April 17, 2020
On Friday, 17 April 2020 at 22:59:43 UTC, Konstantin wrote:
> It can't be used for high frequency trading or other niches where performance is matter, because has dependency on GC in language structure and infrastructure (classes).

Java and Go are used in HFT and other performance sensitive areas, and they are much more dependent on GC than D is.

> On my opinion Dlang has features to be popular system and scripting language. It needs not many cool unfinished things, but well implemented. And lang needs development plan with priorities.

D suffers from its own version of "curse of Lisp", which is both a blessing and a curse. http://winestockwebdesign.com/Essays/Lisp_Curse.html . Read the article, especially the Haskell part reminds me of how suddenly D wants to be Rust with its borrow checker.

D is very powerful and gives you a lot of choice, but those choices come with tradeoffs. Languages like Java or Go don't give you a choice when it comes to GC. You either accept the GC and use these languages, or you don't accept the GC and go for C/C++/Rust.
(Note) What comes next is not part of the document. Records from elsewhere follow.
-- ===== src/Filesystem/Files/Charges.antt =====
-- The charges of writes and copies in server/filesystem/filesystem.go.
use Prim.Native.Nat.{max}
use feathers.Prelude.{
  ℕ, ◌+◌, ◌-◌, ◌≤◌, ◌≡◌, refl, ap, ◌∙◌, subst, inl, inr, Bool, true, false, not, Option, none, some,
  List, [], ◌∷◌, arith, Bool-cases, min, if◌then◌else◌,
}
use feathers.Prelude.Int.{ℤ, pos, sub64, sub64_pos, eqb_ℤ}
use feathers.Prelude.Text.{Text, text_eq}
use feathers.Quota.{Quota, add, next_usage}
use feathers.Filesystem.Disk.{Error, has_space_for}
use feathers.Filesystem.Files.{
  Node, directory, file, Volume, Failure, Reader, Calls, lookup, put, size_of, charge, finish_write,
  unless_full, writefile_at, write_at, checked, writefile, write, limit, stat_failed, is_directory,
  copy_into,
}

abbrev pub max_size : ℕ
max_size = 9223372036854775807

-- The sizes of all files together.
abbrev pub total : List (Text × Node) → ℕ
total [] = 0
total ((p, n) ∷ es) = size_of (some n) + total es

-- The usage is the size of the files, and an int64.
abbrev pub Charged : Volume → Type 0
Charged v = (v.fs.quota.usage ≡ pos (total v.entries)) × (total v.entries ≤ max_size)

total-put :
    (p : Text) (s : ℕ) (es : List (Text × Node))
    → total (put p (file s) es) + size_of (lookup p es) ≡ total es + s
unfolding put lookup
total-put p s [] = omega arith
total-put p s ((q, n) ∷ es) = elim (Bool-cases (text_eq q p)) [
  | inl same ↦ rw same (omega arith)
  | inr other ↦ rw other (omega (arith, total-put p s es))
]

size_within : (p : Text) (es : List (Text × Node)) → size_of (lookup p es) ≤ total es
unfolding lookup
size_within p [] = omega arith
size_within p ((q, n) ∷ es) = elim (Bool-cases (text_eq q p)) [
  | inl same ↦ rw same (omega arith)
  | inr other ↦ rw other (omega (arith, size_within p es))
]

-- A known usage is changed by a difference of sizes exactly.
add_exact :
    (q : Quota) (u n c : ℕ)
    → q.usage ≡ pos u
    → c ≤ u
    → u ≤ max_size
    → n ≤ max_size
    → u - c + n ≤ max_size
    → (add (sub64 (pos n) (pos c)) q).0.usage ≡ pos (u - c + n)
unfolding add next_usage
add_exact q u n c e hc hu hn h = rw e (ground (arith, sub64_pos n c))

add_grown :
    (q : Quota) (u n : ℕ)
    → q.usage ≡ pos u
    → u + n ≤ max_size
    → (add (pos n) q).0.usage ≡ pos (u + n)
unfolding add next_usage
add_grown q u n e h = rw e (ground arith)

-- A file that is replaced by one of another size.
replaced :
    (p : Text) (n c : ℕ) (v : Volume)
    → Charged v
    → size_of (lookup p v.entries) ≡ c
    → total v.entries + n ≤ max_size
    → Charged (charge (sub64 (pos n) (pos c)) (record v { entries = put p (file n) v.entries }))
unfolding charge
replaced p n c v (known, small) e h =
    let put_total = total-put p n v.entries in
    let within = size_within p v.entries in
    let sum : total v.entries - c + n ≡ total (put p (file n) v.entries) =
      omega (arith, put_total, within, e) in
    (
      add_exact v.fs.quota (total v.entries) n c known (omega (arith, within, e)) small
            (omega (arith, h)) (omega (arith, h))
          ∙ ap pos sum,
      omega (arith, sum, h),
    )

-- A new file.
created :
    (p : Text) (n : ℕ) (v : Volume)
    → Charged v
    → lookup p v.entries ≡ none
    → total v.entries + n ≤ max_size
    → Charged (charge (pos n) (record v { entries = put p (file n) v.entries }))
unfolding charge
created p n v (known, small) free h =
    let put_total = total-put p n v.entries in
    let sum : total v.entries + n ≡ total (put p (file n) v.entries) =
      omega (arith, put_total, ap size_of free) in
    (add_grown v.fs.quota (total v.entries) n known h ∙ ap pos sum, omega (arith, sum, h))

pub either_charged :
    (b : Bool) (x y : Volume × Option Failure)
    → Charged x.0
    → Charged y.0
    → Charged (if b then x else y).0
either_charged true x y p q = p
either_charged false x y p q = q

module _ (p : Text) (r : Reader) (calls : Calls) (v : Volume) (ch : Charged v) where
  checked-Charged :
      (o : Option Node) (next : ℕ → Volume × Option Failure)
      → ((c : ℕ) → size_of o ≡ c → Charged (next c).0)
      → Charged (checked calls o next v).0
  unfolding checked
  checked-Charged none next good =
      either_charged (not calls.stat) (v, some stat_failed) (next 0) ch (good 0 refl)
  checked-Charged (some directory) next good =
      either_charged (not calls.stat) (v, some stat_failed) (v, some is_directory) ch ch
  checked-Charged (some (file n)) next good =
      either_charged (not calls.stat) (v, some stat_failed) (next n) ch (good n refl)

  writefile_at-Charged :
      (c : ℕ)
      → size_of (lookup p v.entries) ≡ c
      → total v.entries + r.bytes ≤ max_size
      → Charged (writefile_at p r calls c v).0
  unfolding writefile_at finish_write
  writefile_at-Charged c e h =
      either_charged (not calls.touch) (v, _) (finish_write calls r.fine _) ch
        (replaced p r.bytes c v ch e h)

  pub unless_full-Charged :
      (o : Option Error) (done : Volume × Option Failure)
      → Charged done.0
      → Charged (unless_full o v done).0
  unfolding unless_full
  unless_full-Charged none done good = good
  unless_full-Charged (some e) done good = ch

  moved_within : (b : Bool) (k : ℕ) → (if b then 0 else min r.bytes k) ≤ r.bytes
  moved_within true k = omega arith
  moved_within false k = omega arith

  write_at-Charged :
      (c : ℕ) (new_size : ℤ)
      → size_of (lookup p v.entries) ≡ c
      → total v.entries + r.bytes ≤ max_size
      → Charged (write_at p r new_size calls c v).0
  unfolding write_at finish_write
  write_at-Charged c new_size e h =
      let n = if eqb_ℤ new_size (pos 0) then 0 else min r.bytes (limit new_size) in
      let few = moved_within (eqb_ℤ new_size (pos 0)) (limit new_size) in
      unless_full-Charged (has_space_for (sub64 new_size (pos c)) v.fs) _ (
        either_charged (not calls.touch) (v, _) (finish_write calls _ _) ch
          (replaced p n c v ch e (omega (arith, few, h))))

  free_within : (k : ℕ) → lookup p v.entries ≡ none → max (size_of (lookup p v.entries)) k ≡ k
  free_within k free = rw free (omega arith)

  pub copy_into-Charged :
      (c : ℕ) (o : Option Node)
      → o ≡ none
      → lookup p v.entries ≡ o
      → total v.entries + r.bytes ≤ max_size
      → Charged (copy_into p r c calls o v).0
  unfolding copy_into finish_write
  copy_into-Charged c none e free h =
      either_charged (not calls.touch) (v, _) (finish_write calls _ _) ch
        (subst
          (λ k.
            Charged
              (charge (pos (min r.bytes c)) (record v { entries = put p (file k) v.entries })))
          (omega arith) (created p (min r.bytes c) v ch free (omega (arith, h))))
  copy_into-Charged c (some n) e free h = cc

-- Writing keeps the usage of a volume equal to the size of its files, whatever the reader gives and whatever
-- the system answers at each call, errors included, where all sizes stay int64: `Write` and `Writefile`
-- charge exactly the difference between the new size and the old one.
pub write-Charged :
    (p : Text) (r : Reader) (new_size : ℤ) (calls : Calls) (v : Volume)
    → Charged v
    → total v.entries + r.bytes ≤ max_size
    → Charged (write p r new_size calls v).0 × Charged (writefile p r calls v).0
unfolding write writefile
write-Charged p r new_size calls v ch h = (
  checked-Charged p r calls v ch (lookup p v.entries) (λ c. write_at p r new_size calls c v)
      (λ c e. write_at-Charged p r calls v ch c new_size e h),
  checked-Charged p r calls v ch (lookup p v.entries) (λ c. writefile_at p r calls c v)
      (λ c e. writefile_at-Charged p r calls v ch c e h),
)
That's one less technical decision to make on every project. Also, the paradigms in these languages are more consistent. For 99% of Java projects/libraries, you know they will be object oriented and you know they will be using GC, exceptions and all the stuff, so you can rely on those. Also, the standard library provides good foundation libraries, so a library might take stdlib objects like InputStream as input and enjoy the benefits of interop with other libraries that work with inputstreams.

I don't know what to think about D 3.0... obviously everyone has their idea what it should look like. Most people seem to opt for D 3.0 being an update with a package of breaking changes. But then it could also be D 2.100 or something like that.
April 19, 2020
On Friday, 17 April 2020 at 22:59:43 UTC, Konstantin wrote:
> And as i know initial purpose on Dlang development was re-engineering of c++.
It started as re-engineering of C. Then Andrei touched it(in a good way) and now people think it was designed as better C++.

April 20, 2020
On Friday, 17 April 2020 at 22:59:43 UTC, Konstantin wrote:
> Some people wrote posts about problems "to sell" D to programmers like modern languages(Rust, Go, Java). It's not clear which niches Dlang was designed to cover.

Meme driven development. A niche is a bug, not a feature.
April 21, 2020
On Friday, 27 March 2020 at 15:56:40 UTC, Steven Schveighoffer wrote:
> There have been a lot of this pattern happening:
>
> 1. We need to add feature X, to fix problem Y.
> 2. This will break ALL CODE IN EXISTENCE
> 3. OK, cancel the fix, we'll just live with it.
>
> Having a new branch of the compiler will provide a way to keep D2 development alive while giving a playground to add new mechanisms, fix long-existing design issues, and provide an opt-in for code breakage.
>
> Some issues I can think of:
>
> 1. The safe by default debate
> 2. pure by default
> 3. nothrow by default
> 4. String interpolation DIP
> 5. auto-decoding
> 6. range.save
> 7. virtual by default
> 8. ProtoObject
>
[snip]
>
> I just wanted to throw it out as a discussion point. We spend an awful lot of newsgroup server bytes debating things that to me seem obvious, but have legitimate downsides for not breaking them in a "stable" language.
>
> -Steve

Interesting post. Yet very unspecific, and as far as I remember, Walter decided that unspecific posts would not be heeded anymore. Be that as it may, what difference will it make? As you said, other languages are developing fast and, may I add, are keeping an eye on recent developments like big data and (relatively) new platforms. I fear the D train won't leave the station anymore.

As a prominent D user once said:

"So any discussion _now_ would have the very same structure of the discussion _then_, and would lead to the exact same result. It's quite tragic. And I urge the real D supporters to let such conversation die (topics debated to death) as soon as they appear."

It's quite tragic indeed.
April 24, 2020
On Tuesday, 21 April 2020 at 18:37:19 UTC, Chris wrote:
> Interesting post. Yet very unspecific, and as far as I remember, Walter decided that unspecific posts would not be heeded anymore. Be that as it may, what difference will it make? As you said, other languages are developing fast and, may I add, are keeping an eye on recent developments like big data and (relatively) new platforms. I fear the D train won't leave the station anymore.
>
> As a prominent D user once said:
>
> "So any discussion _now_ would have the very same structure of the discussion _then_, and would lead to the exact same result. It's quite tragic. And I urge the real D supporters to let such conversation die (topics debated to death) as soon as they appear."
>
> It's quite tragic indeed.

Not quite as tragic as someone who comes to a D language forum year after year to complain about the D language.